I was and am still easily interpreted as wacko -- depends on the frame
through which you're looking at my stuff. From some frames, I pass
muster, but others.....yessh.
I never had a good plan for life -- always just running to the next
safe place where I could maybe get my shit together. Always with
exigencies pushing me down the road instead of following my bliss.
Fingers always crossed that the technique would change me before
everyone found out how thick the mask I wore was.
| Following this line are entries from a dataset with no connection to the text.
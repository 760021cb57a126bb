-- ===== src/Rrd.antt =====
-- src/kerchunk_rrd.c: the round-robin record of the repeater's use. The file is its contents; an array of
-- slots is a function of the index. The time is an argument, in seconds since 1970, and never before a
-- time stamp of the file. `gmtime_r` gives the remainders of the time.
pub mod Rotate
pub mod Record
pub mod Hours
pub mod Users
use kerchunk.Prelude.{
  ℕ, zero, suc, ◌+◌, ◌-◌, ◌*◌, ◌/◌, ◌%◌, ◌^◌, ltb, leb, ◌==◌, if◌then◌else◌, List, [], ◌∷◌,
}
use kerchunk.Text.{Bytes}

abbrev pub minutes_max : ℕ
minutes_max = 60

abbrev pub hours_max : ℕ
hours_max = 24

abbrev pub days_max : ℕ
days_max = 30

abbrev pub users_max : ℕ
users_max = 64

-- `uint32_t`
abbrev pub u32 : ℕ → ℕ
u32 n = n % 2 ^ 32

-- `rrd_slot_t`
pub record Slot : Type 0 where
  pub rx_count : ℕ
  pub tx_count : ℕ
  pub rx_ms : ℕ
  pub tx_ms : ℕ

abbrev pub zero_slot : Slot
zero_slot = record { rx_count = 0; tx_count = 0; rx_ms = 0; tx_ms = 0 }

-- `rrd_user_t`
pub record RrdUser : Type 0 where
  pub user_id : ℕ
  pub name : Bytes
  pub tx_count : ℕ
  pub tx_time_ms : ℕ
  pub last_heard : ℕ
  pub longest_ms : ℕ

-- `rrd_counters_t`
pub record Counters : Type 0 where
  pub rx_time_ms : ℕ
  pub tx_time_ms : ℕ
  pub rx_count : ℕ
  pub tx_count : ℕ
  pub longest_rx_ms : ℕ
  pub shortest_rx_ms : ℕ
  pub kerchunk_count : ℕ
  pub tot_events : ℕ
  pub emergency_count : ℕ
  pub access_denied : ℕ
  pub dtmf_commands : ℕ
  pub cwid_count : ℕ
  pub pages_sent : ℕ
  pub weather_count : ℕ
  pub nws_alerts : ℕ
  pub phone_calls : ℕ
  pub queue_items : ℕ
  pub cdr_records : ℕ
  pub restarts : ℕ
  pub total_uptime_ms : ℕ
  pub start_time : ℕ

-- `rrd_file_t` behind its magic number; `users` has `user_count` entries.
pub record Rrd : Type 0 where
  pub minute_idx : ℕ
  pub hour_idx : ℕ
  pub day_idx : ℕ
  pub last_minute_ts : ℕ
  pub last_hour_ts : ℕ
  pub last_day_ts : ℕ
  pub minutes : ℕ → Slot
  pub hours : ℕ → Slot
  pub days : ℕ → Slot
  pub counters : Counters
  pub users : List RrdUser

abbrev pub put_slot : ℕ → Slot → (ℕ → Slot) → ℕ → Slot
put_slot i x f j = if i == j then x else f j

abbrev pub zero_counters : Counters
zero_counters = record {
  rx_time_ms = 0;
  tx_time_ms = 0;
  rx_count = 0;
  tx_count = 0;
  longest_rx_ms = 0;
  shortest_rx_ms = 0;
  kerchunk_count = 0;
  tot_events = 0;
  emergency_count = 0;
  access_denied = 0;
  dtmf_commands = 0;
  cwid_count = 0;
  pages_sent = 0;
  weather_count = 0;
  nws_alerts = 0;
  phone_calls = 0;
  queue_items = 0;
  cdr_records = 0;
  restarts = 0;
  total_uptime_ms = 0;
  start_time = 0;
}

-- The three time stamps, on the boundaries of the clock.
abbrev pub align : ℕ → Rrd → Rrd
align now d = record d {
  last_minute_ts = now - now % 60;
  last_hour_ts = now - now % 60 - now % 3600 / 60 * 60;
  last_day_ts = now - now % 60 - now % 3600 / 60 * 60 - now % 86400 / 3600 * 3600;
}

-- A zeroed file that starts now, as `kerchunk_rrd_open` makes it.
unfoldable pub rrd_fresh : ℕ → Rrd
rrd_fresh now = align now (record {
  minute_idx = 0;
  hour_idx = 0;
  day_idx = 0;
  last_minute_ts = 0;
  last_hour_ts = 0;
  last_day_ts = 0;
  minutes = λ i. zero_slot;
  hours = λ i. zero_slot;
  days = λ i. zero_slot;
  counters = record zero_counters { start_time = now };
  users = [];
})

-- What `kerchunk_rrd_open` does to a file that is there.
unfoldable pub rrd_resume : ℕ → Rrd → Rrd
rrd_resume now d =
    let c = d.counters in
    align now (record d {
      counters = record c {
        restarts = u32 (c.restarts + 1);
        total_uptime_ms =
            if ltb 0 c.start_time
            then (c.total_uptime_ms + (now - c.start_time) * 1000) % 2 ^ 64
            else c.total_uptime_ms;
        start_time = now;
      };
    })

-- `kerchunk_rrd_reset`
unfoldable pub rrd_reset : ℕ → Rrd → Rrd
unfolding rrd_fresh
rrd_reset now d =
    let f = rrd_fresh now in
    record f { counters = record (f.counters) { restarts = d.counters.restarts } }
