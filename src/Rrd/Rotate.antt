-- ===== src/Rrd/Rotate.antt =====
-- The rotation of the rings of src/kerchunk_rrd.c.
use kerchunk.Prelude.{ℕ, zero, suc, ◌+◌, ◌-◌, ◌/◌, ◌%◌, ltb, leb, if◌then◌else◌}
use kerchunk.Rrd.{Slot, zero_slot, Rrd, put_slot, u32, minutes_max, hours_max, days_max}

abbrev pub add_slot : Slot → Slot → Slot
add_slot a b = record {
  rx_count = u32 (a.rx_count + b.rx_count);
  tx_count = u32 (a.tx_count + b.tx_count);
  rx_ms = u32 (a.rx_ms + b.rx_ms);
  tx_ms = u32 (a.tx_ms + b.tx_ms);
}

-- The loop of the two consolidations: the slots below so many, added in order.
unfoldable pub sum_slots : ℕ → (ℕ → Slot) → Slot
sum_slots zero f = zero_slot
sum_slots (suc n) f = add_slot (sum_slots n f) (f n)

-- `consolidate_minutes_to_hour`
unfoldable pub consolidate_minutes : Rrd → Rrd
unfolding sum_slots
consolidate_minutes d = record d {
  hours = put_slot d.hour_idx (sum_slots minutes_max d.minutes) d.hours;
}

-- `consolidate_hours_to_day`. The loop of the source reads the hours only.
unfoldable pub consolidate_hours : Rrd → Rrd
unfolding sum_slots
consolidate_hours d = record d { days = put_slot d.day_idx (sum_slots hours_max d.hours) d.days }

-- The bodies of the three rotations.
unfoldable pub next_minute : Rrd → Rrd
next_minute d =
    let i = (d.minute_idx + 1) % minutes_max in
    record d { minute_idx = i; minutes = put_slot i zero_slot d.minutes }

unfoldable pub next_hour : Rrd → Rrd
unfolding consolidate_minutes
next_hour d0 =
    let d = consolidate_minutes d0 in
    let i = (d.hour_idx + 1) % hours_max in
    record d { hour_idx = i; hours = put_slot i zero_slot d.hours }

unfoldable pub next_day : Rrd → Rrd
unfolding consolidate_hours
next_day d0 =
    let d = consolidate_hours d0 in
    let i = (d.day_idx + 1) % days_max in
    record d { day_idx = i; days = put_slot i zero_slot d.days }

unfoldable pub repeat : ℕ → (Rrd → Rrd) → Rrd → Rrd
repeat zero f d = d
repeat (suc n) f d = repeat n f (f d)

abbrev pub at_most : ℕ → ℕ → ℕ
at_most limit n = if ltb limit n then limit else n

-- The three parts of `kerchunk_rrd_tick`.
unfoldable pub rotate_minutes : ℕ → Rrd → Rrd
unfolding repeat next_minute
rotate_minutes now d =
    if leb 60 (now - d.last_minute_ts)
    then (let d' = repeat (at_most minutes_max ((now - d.last_minute_ts) / 60)) next_minute d in
        record d' { last_minute_ts = now })
    else d

unfoldable pub rotate_hours : ℕ → Rrd → Rrd
unfolding repeat next_hour
rotate_hours now d =
    if leb 3600 (now - d.last_hour_ts)
    then (let d' = repeat (at_most hours_max ((now - d.last_hour_ts) / 3600)) next_hour d in
        record d' { last_hour_ts = now })
    else d

unfoldable pub rotate_days : ℕ → Rrd → Rrd
unfolding repeat next_day
rotate_days now d =
    if leb 86400 (now - d.last_day_ts)
    then (let d' = repeat (at_most days_max ((now - d.last_day_ts) / 86400)) next_day d in
        record d' { last_day_ts = now })
    else d

-- `kerchunk_rrd_tick`
unfoldable pub rrd_tick : ℕ → Rrd → Rrd
unfolding rotate_minutes rotate_hours rotate_days
rrd_tick now d = rotate_days now (rotate_hours now (rotate_minutes now d))
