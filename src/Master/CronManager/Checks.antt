-- ===== src/Master/CronManager/Checks.antt =====
-- Tests of the model of CronManager, and its theorems at concrete jobs.
use prun.Base.{◌≡◌, refl, true, false, not, ◌&&◌, ◌||◌, [], ◌∷◌, Text, codes, text_eq, arith}
use prun.Containers.TextMap
use prun.Master.JobStore.{is_in}
use prun.Master.JobManager.Graphs.{MetaJob}
use prun.Master.JobManager.Samples.{job, both, manager}
use prun.Master.CronManager.{
  CronManager, push_job, push_group, push_meta_job, stop_job, stop_all_jobs, check_loop,
  check_timeouts, get_jobs_info,
}
use prun.Master.CronManager.Stopping.{here, next, push, check}
use prun.Master.CronManager.Silence.{ready, stop_job-silences}
use prun.Master.CronManager.Releasing.{is_registered, is_job, push_meta_job-frees, push_group-keeps}

abbrev nothing : CronManager
nothing = record {
  handler_of = λ i. record {
    deadline = 0;
    job_description = [];
    job_name = [];
    job_names = [];
    removed = false;
  };
  made = 0;
  jobs = [];
  names = [];
  manager = manager;
}

abbrev daily : Text
daily = codes "daily"

abbrev hourly : Text
hourly = codes "hourly"

-- Two jobs, of which the second is earlier
abbrev pushed : CronManager
pushed = push_job 60 0 50 (job hourly) false (push_job 60 0 90 (job daily) false nothing)

in_order : (pushed.jobs ≡ (50, 1) ∷ (90, 0) ∷ []) × (pushed.manager.job_names ≡ hourly ∷ daily ∷ [])
unfolding push_job
in_order = (refl, refl)

told : get_jobs_info pushed.names pushed.handler_of ≡ (daily, 90) ∷ (hourly, 50) ∷ []
unfolding push_job get_jobs_info
told = refl

run : (check_timeouts 60 pushed).jobs ≡ (90, 0) ∷ []
unfolding push_job check_timeouts
run = refl

-- After an execution at 60, at a time that is still allowed
pushed_again :
    (push_job 60 60 60 (job hourly) true (check_timeouts 60 pushed)).jobs ≡ (90, 0) ∷ (120, 2) ∷ []
unfolding push_job check_timeouts
pushed_again = refl

all_stopped : (stop_all_jobs pushed).manager.job_names ≡ []
unfolding push_job stop_all_jobs
all_stopped = refl

stopped : ready 90 (stop_job daily pushed) ≡ 1 ∷ []
unfolding push_job stop_job check_loop
stopped = refl

stop_job-silences_example :
    let e = check_timeouts 40 (stop_job daily (push_job 60 0 90 (job daily) false nothing)) in
    text_eq ((push_job 60 50 50 (job hourly) false e).handler_of 1).job_name daily ≡ false
unfolding push_job stop_job check_timeouts TextMap.find is_in
stop_job-silences_example =
    let d = push_job 60 0 90 (job daily) false nothing in
    let e = check_timeouts 40 (stop_job daily d) in
    stop_job-silences daily nothing d (push_job 60 50 50 (job hourly) false e) 95 refl
      (next here (push 60 0 90 (job daily) false refl))
      (next (next here (check 40) (ground arith)) (push 60 50 50 (job hourly) false refl)
        (ground arith))
      1 refl

-- A meta job with a job that has a name
abbrev group : MetaJob
group = record both { jobs = job hourly ∷ [] }

push_meta_job-frees_example :
    is_registered hourly (stop_job group.name (push_meta_job 50 group nothing)).manager ≡ (
      not (text_eq group.name hourly || is_job hourly group.jobs)
      && is_registered hourly nothing.manager)
push_meta_job-frees_example = push_meta_job-frees hourly 50 group nothing refl

push_group-keeps_example :
    let c = check_timeouts 50 (push_meta_job 50 group nothing) in
    is_registered hourly (stop_job group.name (push_group 60 50 90 group c)).manager
    ≡ (not (text_eq group.name hourly) && is_registered hourly c.manager)
push_group-keeps_example =
    push_group-keeps hourly 60 50 90 group (check_timeouts 50 (push_meta_job 50 group nothing)) refl
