-- ===== src/Master/FailedWorkers/Laws.antt =====
-- What FailedWorkers remembers after each operation.
use prun.Base.{
  ℕ, ◌+◌, ◌≡◌, refl, ap, sym, ◌∙◌, true, false, not, ◌&&◌, ◌||◌, none, some, [], ◌∷◌, map, length,
  Text, text_eq, ◌==◌, if◌then◌else◌, arith,
}
use prun.Containers.IntSet
use prun.Containers.IntSet.{IntSet}
use prun.Containers.IntMap
use prun.Containers.IntMap.{IntMap}
use prun.Containers.TextSet
use prun.Containers.TextSet.{TextSet}
use prun.Master.WorkerJob.{WorkerJob, get_jobs, has_job}
use prun.Master.FailedWorkers.{
  FailedWorkers, workers_of, add, add_each, add_jobs, is_worker_failed_job, get_failed_nodes_cnt,
}

failed-workers_of :
    (ip : Text) (j : ℕ) (f : FailedWorkers)
    → is_worker_failed_job ip j f ≡ TextSet.contains ip (workers_of j f.failed)
unfolding is_worker_failed_job workers_of TextSet.contains
failed-workers_of ip j f = ground arith

count-workers_of :
    (j : ℕ) (f : FailedWorkers) → get_failed_nodes_cnt j f ≡ length (workers_of j f.failed)
unfolding get_failed_nodes_cnt workers_of
count-workers_of j f = ground arith

workers_of-put :
    (j i : ℕ) (s : TextSet) (m : IntMap TextSet)
    → workers_of i (IntMap.put j s m) ≡ (if j == i then s else workers_of i m)
unfolding workers_of
workers_of-put j i s m = ground (arith, IntMap.find-put j i s m)

-- Add answers whether the worker had not failed the job before; after it exactly this pair is
-- remembered in addition, and the job's count of failed nodes grows by one exactly if it was new.
pub is_worker_failed_job-add :
    (j i : ℕ) (ip q : Text) (f : FailedWorkers)
    → ((add j ip f).1 ≡ not (is_worker_failed_job ip j f))
      × (is_worker_failed_job q i (add j ip f).0
          ≡ ((j == i && text_eq ip q) || is_worker_failed_job q i f))
      × (get_failed_nodes_cnt i (add j ip f).0
          ≡ get_failed_nodes_cnt i f + (if j == i && (add j ip f).1 then 1 else 0))
unfolding add
is_worker_failed_job-add j i ip q f =
    let s = workers_of j f.failed in
    let t = (TextSet.insert ip s).0 in
    let law = workers_of-put j i t f.failed in
    (
      TextSet.insert_new ip s ∙ ap not (sym (failed-workers_of ip j f)),
      failed-workers_of q i (add j ip f).0
          ∙ ground (arith, failed-workers_of q i f, TextSet.contains-insert ip q s),
      count-workers_of i (add j ip f).0
          ∙ ground
              (arith, count-workers_of i f, TextSet.length-insert ip s, TextSet.insert_new ip s),
    )

contains-keys :
    (j : ℕ) (m : IntMap IntSet)
    → (elim (IntMap.find j m) [ none ↦ false | some tasks ↦ true ])
      ≡ IntSet.contains j (map (λ e. e.0) m)
unfolding IntMap.find IntSet.contains
contains-keys j [] = refl
contains-keys j ((i, s) ∷ m) = ground (arith, contains-keys j m)

has_job-member : (j : ℕ) (w : WorkerJob) → has_job j w ≡ IntSet.contains j (get_jobs w)
unfolding has_job get_jobs
has_job-member j w = contains-keys j w.jobs

is_worker_failed_job-add_each :
    (js : IntSet) (i : ℕ) (ip q : Text) (f : FailedWorkers)
    → is_worker_failed_job q i (add_each js ip f)
      ≡ ((IntSet.contains i js && text_eq ip q) || is_worker_failed_job q i f)
unfolding add_each IntSet.contains
is_worker_failed_job-add_each [] i ip q f = refl
is_worker_failed_job-add_each (j ∷ js) i ip q f = ground (
  arith,
  is_worker_failed_job-add_each js i ip q (add j ip f).0,
  (is_worker_failed_job-add j i ip q f).1,
)

-- Add with a worker's jobs marks the worker as failed for each job that it has, and for no other.
pub is_worker_failed_job-add_jobs :
    (w : WorkerJob) (i : ℕ) (ip q : Text) (f : FailedWorkers)
    → is_worker_failed_job q i (add_jobs w ip f)
      ≡ ((has_job i w && text_eq ip q) || is_worker_failed_job q i f)
unfolding add_jobs
is_worker_failed_job-add_jobs w i ip q f =
    ground (arith, is_worker_failed_job-add_each (get_jobs w) i ip q f, has_job-member i w)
I really was a true believer for a while there, and during that time,
THEN, how the TMO handled me could be described as fraudulent,
abusive, etc. When I put my faith in you -- give you personal power
over me as I did with Maharishi -- the betrayals are all the more
bitter....because, of course, it is so hard to clearly take ownership
of ones part in the debacle.
After 5 - 8 years, all the initiations, ATRs, yeah, from then on, it
was me "holing up" and "hiding out from real life" to a great degree.
By then I'd seen clearly that the assholes of the movement were
merely normal assholes that had come the to movement and had never
been psychologically improved, and never would be improved fast enough
to justify bending a knee to their non-enlightened "intent to do
Maharishi's work."
But by then, I knew myself enough to know I didn't resonate with the
"normal life" offerings extant, and so the years flowed past as I
waited and hoped I'd get the clarity to target something better...or
at least more attainable than enlightenment. Meanwhile the kids were
in a school that I could trust more than a public school, I had a
dozen irons in the fire for making money in FF, and I had a nice
social life and community. There were no other places for
me-in-my-fix to go. Or so I thought....as time passed, karma came and
forced me into various "partial" clarities.
And of course, anyone evolves given decades of life processing, so all
the issues of being in the cult were very transformative as much as
any other kind of life would have been. This wisdom-via-aging is then
very hard to separate from "wisdom gained because of TM." -- and the
TMO of course took credit for the least titch of anyone's
improvements. Grrrrrrrrr.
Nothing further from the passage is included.